Text: Felix Mossmeier, 28. Januar 2021

Dass Musikvideos bei Mine nicht nur Mittel zum Zweck, sondern vielmehr besonderer Weg des künstlerischen Ausdrucks sind, sollte allen spätestens seit dem Video zu „90 Grad“ bewusst sein. Eigentlich schon früher. Mine ist Perfektionistin. Und an Kreativität mangelt es in Sachen Bewegtbild nicht. Zur neuen Single „Unfall“ hebt Mine das Game aber nochmal auf ein neues Level.
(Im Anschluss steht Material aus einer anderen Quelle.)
-- ===== src/Json/Copies.antt =====
-- internal/sst/node.go: a node and its clone stand for the same value.
use roundtrip.Base.{arith, ◌==◌, true, ℕ, ◌≡◌, refl, Text, List, Option, some}
use roundtrip.Decoder.{Node, node, Nodes, nil, cons, start_of}
use roundtrip.Json.Views.{map_json_inv, word_at_inv}
use roundtrip.Json.{
  word_at, boolean, null_value, Json, members, items, Items, item, Members, member, json_of,
  items_of, members_of,
}
use roundtrip.Syntax.{SyntaxOptions}
use roundtrip.Token.{
  NodeType, object, object_field, array, array_element, string_node, number_node, bool_node,
  null_node, Token,
}
use roundtrip.TokenList.{Elem, value_at}
use roundtrip.Tree.Copies.{on_some_inv}
use roundtrip.Tree.{clone_node, clone_nodes, field_name, child}

module _ (copy : ℕ → Option ℕ) where
  clone_node_inv :
      (t : NodeType) (s e : ℕ) (cs : Nodes) (m : Node)
      → clone_node copy (node t s e cs) ≡ some m
      → (s' e' : ℕ) × (ds : Nodes) × (copy s ≡ some s')
        × (copy e ≡ some e')
        × (clone_nodes copy cs ≡ some ds)
        × (node t s' e' ds ≡ m)
  unfolding clone_node
  clone_node_inv t s e cs m h =
      let (s', hs, h1) = on_some_inv (copy s) _ m h in
      let (e', he, h2) = on_some_inv (copy e) _ m h1 in
      let (ds, hd, h3) = on_some_inv (clone_nodes copy cs) _ m h2 in (s', e', ds, hs, he, hd, cc h3)

  clone_nodes_inv :
      (n : Node) (ns ms : Nodes)
      → clone_nodes copy (cons n ns) ≡ some ms
      → (m : Node) × (ms' : Nodes) × (clone_node copy n ≡ some m)
        × (clone_nodes copy ns ≡ some ms')
        × (cons m ms' ≡ ms)
  unfolding clone_nodes
  clone_nodes_inv n ns ms h =
      let (m, hm, h1) = on_some_inv (clone_node copy n) _ ms h in
      let (ms', hs, h2) = on_some_inv (clone_nodes copy ns) _ ms h1 in (m, ms', hm, hs, cc h2)

  clone_nil : (ms : Nodes) → clone_nodes copy nil ≡ some ms → nil ≡ ms
  unfolding clone_nodes
  clone_nil ms h = cc h

  -- the key and the value of a field, and the value of an element, when they are cloned
  clone_field_inv :
      (s e : ℕ) (k v : Node) (ns ms : Nodes)
      → clone_nodes copy (cons (node object_field s e (cons k (cons v nil))) ns) ≡ some ms
      → (s' e' : ℕ) × (k' v' : Node) × (ns' : Nodes) × (clone_node copy k ≡ some k')
        × (clone_node copy v ≡ some v')
        × (clone_nodes copy ns ≡ some ns')
        × (cons (node object_field s' e' (cons k' (cons v' nil))) ns' ≡ ms)
  clone_field_inv s e k v ns ms h =
      let (f, ns', hf, hn, q) =
        clone_nodes_inv (node object_field s e (cons k (cons v nil))) ns ms h in
      let (s', e', ds, _, _, hd, qf) = clone_node_inv object_field s e (cons k (cons v nil)) f hf in
      let (k', vs, hk, hv, qk) = clone_nodes_inv k (cons v nil) ds hd in
      let (v', none', hv', hnil, qv) = clone_nodes_inv v nil vs hv in
      let qn = clone_nil none' hnil in
      (s', e', k', v', ns', hk, hv', hn, rw (← q, ← qf, ← qk, ← qv, ← qn) refl)

  clone_element_inv :
      (s e : ℕ) (v : Node) (ns ms : Nodes)
      → clone_nodes copy (cons (node array_element s e (cons v nil)) ns) ≡ some ms
      → (s' e' : ℕ) × (v' : Node) × (ns' : Nodes) × (clone_node copy v ≡ some v')
        × (clone_nodes copy ns ≡ some ns')
        × (cons (node array_element s' e' (cons v' nil)) ns' ≡ ms)
  clone_element_inv s e v ns ms h =
      let (f, ns', hf, hn, q) = clone_nodes_inv (node array_element s e (cons v nil)) ns ms h in
      let (s', e', vs, _, _, hv, qf) = clone_node_inv array_element s e (cons v nil) f hf in
      let (v', none', hv', hnil, qv) = clone_nodes_inv v nil vs hv in
      let qn = clone_nil none' hnil in (s', e', v', ns', hv', hn, rw (← q, ← qf, ← qv, ← qn) refl)

  clone_start : (n m : Node) → clone_node copy n ≡ some m → copy (start_of n) ≡ some (start_of m)
  clone_start (node t s e cs) m h =
      let (s', e', ds, hs, _, _, q) = clone_node_inv t s e cs m h in rw (← q) hs

  module _ (es es' : List Elem) (opts : SyntaxOptions)
      (moves : (i j : ℕ) (t : Token)
        → copy i ≡ some j
        → value_at es i ≡ some t
        → value_at es' j ≡ some t) where
    field_name-clone :
        (s e s' e' : ℕ) (k v k' v' : Node) (name : Text)
        → clone_node copy k ≡ some k'
        → field_name es (node object_field s e (cons k (cons v nil))) ≡ some name
        → field_name es' (node object_field s' e' (cons k' (cons v' nil))) ≡ some name
    unfolding child
    field_name-clone s e s' e' k v k' v' name hk h =
        let (t, ht, hn) = on_some_inv (value_at es (start_of k)) _ name h in
        rw (moves (start_of k) (start_of k') t (clone_start k k' hk) ht) hn

    word_at-moved :
        (s e s' e' : ℕ) (make : Text → Json) (v : Json)
        → copy s ≡ some s'
        → copy e ≡ some e'
        → word_at es s e make ≡ some v
        → word_at es' s' e' make ≡ some v
    word_at-moved s e s' e' make v hs he h =
        let (t, q, ht, na, k) = word_at_inv es s e make v h in
        let same : s' ≡ e' = cc (hs, he, q) in
        let one : (s' == e') ≡ true = ground arith in rw (one, moves s s' t hs ht, na, k) refl

    mutual
      unfolding json_of items_of members_of

      -- A clone whose copies stand in another list has the value of the node.
      pub json_of-clone_node :
          (n m : Node) (v : Json)
          → clone_node copy n ≡ some m
          → json_of es opts n ≡ some v
          → json_of es' opts m ≡ some v
      json_of-clone_node (node object s e cs) m v hc h =
          let (s', e', ds, hs, he, hd, q) = clone_node_inv object s e cs m hc in
          let (ms, hm, qv) = map_json_inv members (members_of es opts cs) v h in
          let again = members_of-clone_nodes cs ds ms hd hm in rw (← q, again, qv) refl
      json_of-clone_node (node array s e cs) m v hc h =
          let (s', e', ds, hs, he, hd, q) = clone_node_inv array s e cs m hc in
          let (vs, hm, qv) = map_json_inv items (items_of es opts cs) v h in
          let again = items_of-clone_nodes cs ds vs hd hm in rw (← q, again, qv) refl
      json_of-clone_node (node string_node s e cs) m v hc h =
          let (s', e', ds, hs, he, hd, q) = clone_node_inv string_node s e cs m hc in
          let (t, ht, hv) = on_some_inv (value_at es s) _ v h in rw (← q, moves s s' t hs ht) hv
      json_of-clone_node (node number_node s e cs) m v hc h =
          let (s', e', ds, hs, he, hd, q) = clone_node_inv number_node s e cs m hc in
          let (t, ht, hv) = on_some_inv (value_at es s) _ v h in rw (← q, moves s s' t hs ht) hv
      json_of-clone_node (node bool_node s e cs) m v hc h =
          let (s', e', ds, hs, he, hd, q) = clone_node_inv bool_node s e cs m hc in
          rw (← q) (word_at-moved s e s' e' boolean v hs he h)
      json_of-clone_node (node null_node s e cs) m v hc h =
          let (s', e', ds, hs, he, hd, q) = clone_node_inv null_node s e cs m hc in
          rw (← q) (word_at-moved s e s' e' null_value v hs he h)
      json_of-clone_node _ m v hc h = cc h

      pub items_of-clone_nodes :
          (cs ds : Nodes) (vs : Items)
          → clone_nodes copy cs ≡ some ds
          → items_of es opts cs ≡ some vs
          → items_of es' opts ds ≡ some vs
      items_of-clone_nodes nil ds vs hc h = rw (← clone_nil ds hc) h
      items_of-clone_nodes (cons (node array_element s e (cons v nil)) ns) ds vs hc h =
          let (s', e', v', ns', hv, hn, q) = clone_element_inv s e v ns ds hc in
          let (x, hx, h1) = on_some_inv (json_of es opts v) _ vs h in
          let (rest, hr, qv) = map_json_inv (item x) (items_of es opts ns) vs h1 in
          let first = json_of-clone_node v v' x hv hx in
          let more = items_of-clone_nodes ns ns' rest hn hr in rw (← q, first, more, qv) refl
      items_of-clone_nodes _ ds vs hc h = cc h

      pub members_of-clone_nodes :
          (cs ds : Nodes) (ms : Members)
          → clone_nodes copy cs ≡ some ds
          → members_of es opts cs ≡ some ms
          → members_of es' opts ds ≡ some ms
      members_of-clone_nodes nil ds ms hc h = rw (← clone_nil ds hc) h
      members_of-clone_nodes (cons (node object_field s e (cons k (cons v nil))) ns) ds ms hc h =
          let (s', e', k', v', ns', hk, hv, hn, q) = clone_field_inv s e k v ns ds hc in
          let (name, hname, h1) =
            on_some_inv (field_name es (node object_field s e (cons k (cons v nil)))) _ ms h in
          let (x, hx, h2) = on_some_inv (json_of es opts v) _ ms h1 in
          let (rest, hr, qv) = map_json_inv (member name x) (members_of es opts ns) ms h2 in
          let key = field_name-clone s e s' e' k v k' v' name hk hname in
          let first = json_of-clone_node v v' x hv hx in
          let more = members_of-clone_nodes ns ns' rest hn hr in rw (← q, key, first, more, qv) refl
      members_of-clone_nodes _ ds ms hc h = cc h
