-- ===== src/Validate/Simulation.antt =====
-- Each round of `validate` of src/stage2.rs does what the automaton does with the tokens that it
-- reads, and stays inside of its vectors.
pub mod Reads
pub mod Rounds
pub mod Steps
use simdjson_rs.Prelude.{
  ℕ, suc, ◌+◌, ◌≤◌, ◌<◌, ◌≡◌, refl, Bool, true, false, Option, none, some, List, [], ◌∷◌, map,
  get_elem?, length, if◌then◌else◌,
}
use simdjson_rs.Error.{Error, Outcome, ok, err, fault, out_of_fuel}
use simdjson_rs.Validate.{
  Input, State, object_key, scope_end, main_array_switch, StackState, array, Frame, Machine, Flow,
  goto, return, Counts,
}
use simdjson_rs.Validate.Automaton.{
  Token, token, classify, Config, key_colon, read_value, close, accepts, accepts_from,
}

-- The frames of the stack, the top one first; `n` is the length of both vectors.
abbrev pub Holds : ℕ → List (Option Frame) → List Frame → Type 0
Holds n stack [] = Unit
Holds n stack (f ∷ fs) =
    (get_elem? stack (length fs) ≡ some (some f)) × (f.last_start < n) × Holds n stack fs

abbrev pub Inside : Input → List ℕ → Type 0
Inside input [] = Unit
Inside input (p ∷ ps) = (p < length input.bytes) × Inside input ps

abbrev pub states : List Frame → List StackState
states = map (λ f. f.state)

abbrev pub tokens : Input → List ℕ → List Token
tokens input = map (token input)

-- Between two rounds.
pub record Inv (input : Input) (n : ℕ) (m : Machine) (fs : List Frame) : Type 0 where
  pub depth_is : m.depth ≡ length fs
  pub held : Holds n m.stack fs
  pub stack_is : length m.stack ≡ n
  pub counts_is : length m.counts ≡ n
  pub room : m.depth + length m.si < n
  pub seen : m.i + length m.si < n
  pub open_at : m.last_start < n
  pub inside : Inside input m.si

-- A token has just been read at `idx`.
pub record Ready (input : Input) (n : ℕ) (m : Machine) : Type 0 where
  pub space : suc (m.depth + length m.si) < n
  pub at : m.idx < length input.bytes

-- What the automaton says of the rest of the input.
abbrev pub accepts_at : Input → State → Machine → List Frame → Bool
accepts_at input object_key m fs = accepts (tokens input m.si) key_colon (states fs)
accepts_at input scope_end m fs = accepts_from (tokens input m.si) (close (states fs))
accepts_at input main_array_switch m fs =
    accepts_from (tokens input m.si) (read_value array (states fs) (classify input m.idx m.c))

abbrev pub ReadyFor : Input → ℕ → State → Machine → Type 0
ReadyFor input n main_array_switch m = Ready input n m
ReadyFor input n _ m = Unit

-- A round agrees with the verdict `b` of the automaton: it returns only if that accepts, is an
-- error only if that refuses, faults never, and leaves less than `limit` indexes if it goes on.
pub data Simulates (input : Input) (n limit : ℕ) : Outcome Error Flow → Bool → Type 0 where
  returns : {counts : Counts} {b : Bool} → b ≡ true → Simulates input n limit (ok (return counts)) b
  Goes-on :
      {s : State} {m : Machine} {b : Bool} (fs : List Frame)
      → Inv input n m fs
      → ReadyFor input n s m
      → b ≡ accepts_at input s m fs
      → length m.si < limit
      → Simulates input n limit (ok (goto s m)) b
  refuses : {e : Error} {b : Bool} → b ≡ false → Simulates input n limit (err e) b

module _ {input : Input} {n limit : ℕ} where
  pub Simulates-if :
      (t : Bool) {x y : Outcome Error Flow} {b : Bool}
      → (t ≡ true → Simulates input n limit x b)
      → (t ≡ false → Simulates input n limit y b)
      → Simulates input n limit (if t then x else y) b
  Simulates-if true h k = h refl
  Simulates-if false h k = k refl

  -- The round and the automaton make the same test.
  pub Simulates-if_both :
      (t : Bool) {x y : Outcome Error Flow} {u v : Token} (f : Token → Bool)
      → (t ≡ true → Simulates input n limit x (f u))
      → (t ≡ false → Simulates input n limit y (f v))
      → Simulates input n limit (if t then x else y) (f (if t then u else v))
  Simulates-if_both true f h k = h refl
  Simulates-if_both false f h k = k refl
Vollkommene Unvollkommenheit. Unzählige Referenzen. Die großen Themen, (schwachsinnigen) Trends und voranschreitende Emanzipation. Um nur ein paar zu nennen. Alles in einem Editor-Look zwischen Adobe-Anwendungen und dem Windows Movie Maker. Wäre das Video im Dezember erschienen, es hätte ohne Probleme jeden Jahresrückblick ersetzen können. Und doch ist es so viel umfangreicher. Eigentlich frech, es auf das vergangene Jahr zu begrenzen.

2020 war natürlich wie gemacht dafür, ein wenig mehr nachzudenken, weil man viel Zeit mit sich selbst verbringen musste. ‘Unfall‘ fasst sehr gut zusammen, wie ich mich gefühlt habe, als ich das Album aufnahm. Es ist die richtige Zeit, um Revue passieren zu lassen, was im letzten Jahr los war und wie privilegiert wir trotz allem leben können, während anderswo – zum Beispiel an den EU-Grenzen – die Situation verheerend ist.

Bereits im Dezember hatte Mine im Zuge der Aktion „singMINEsong“ sowohl Lyrics als auch Noten zur Single, inklusive der Aufforderung selbst eine Version aufzunehmen, veröffentlicht. Eingereicht wurden über 60 Versionen. Jetzt also Mines eigene Version, die schonmal einen guten Vorgeschmack auf das am 30. April erscheinende Album „Hinüber“ gibt.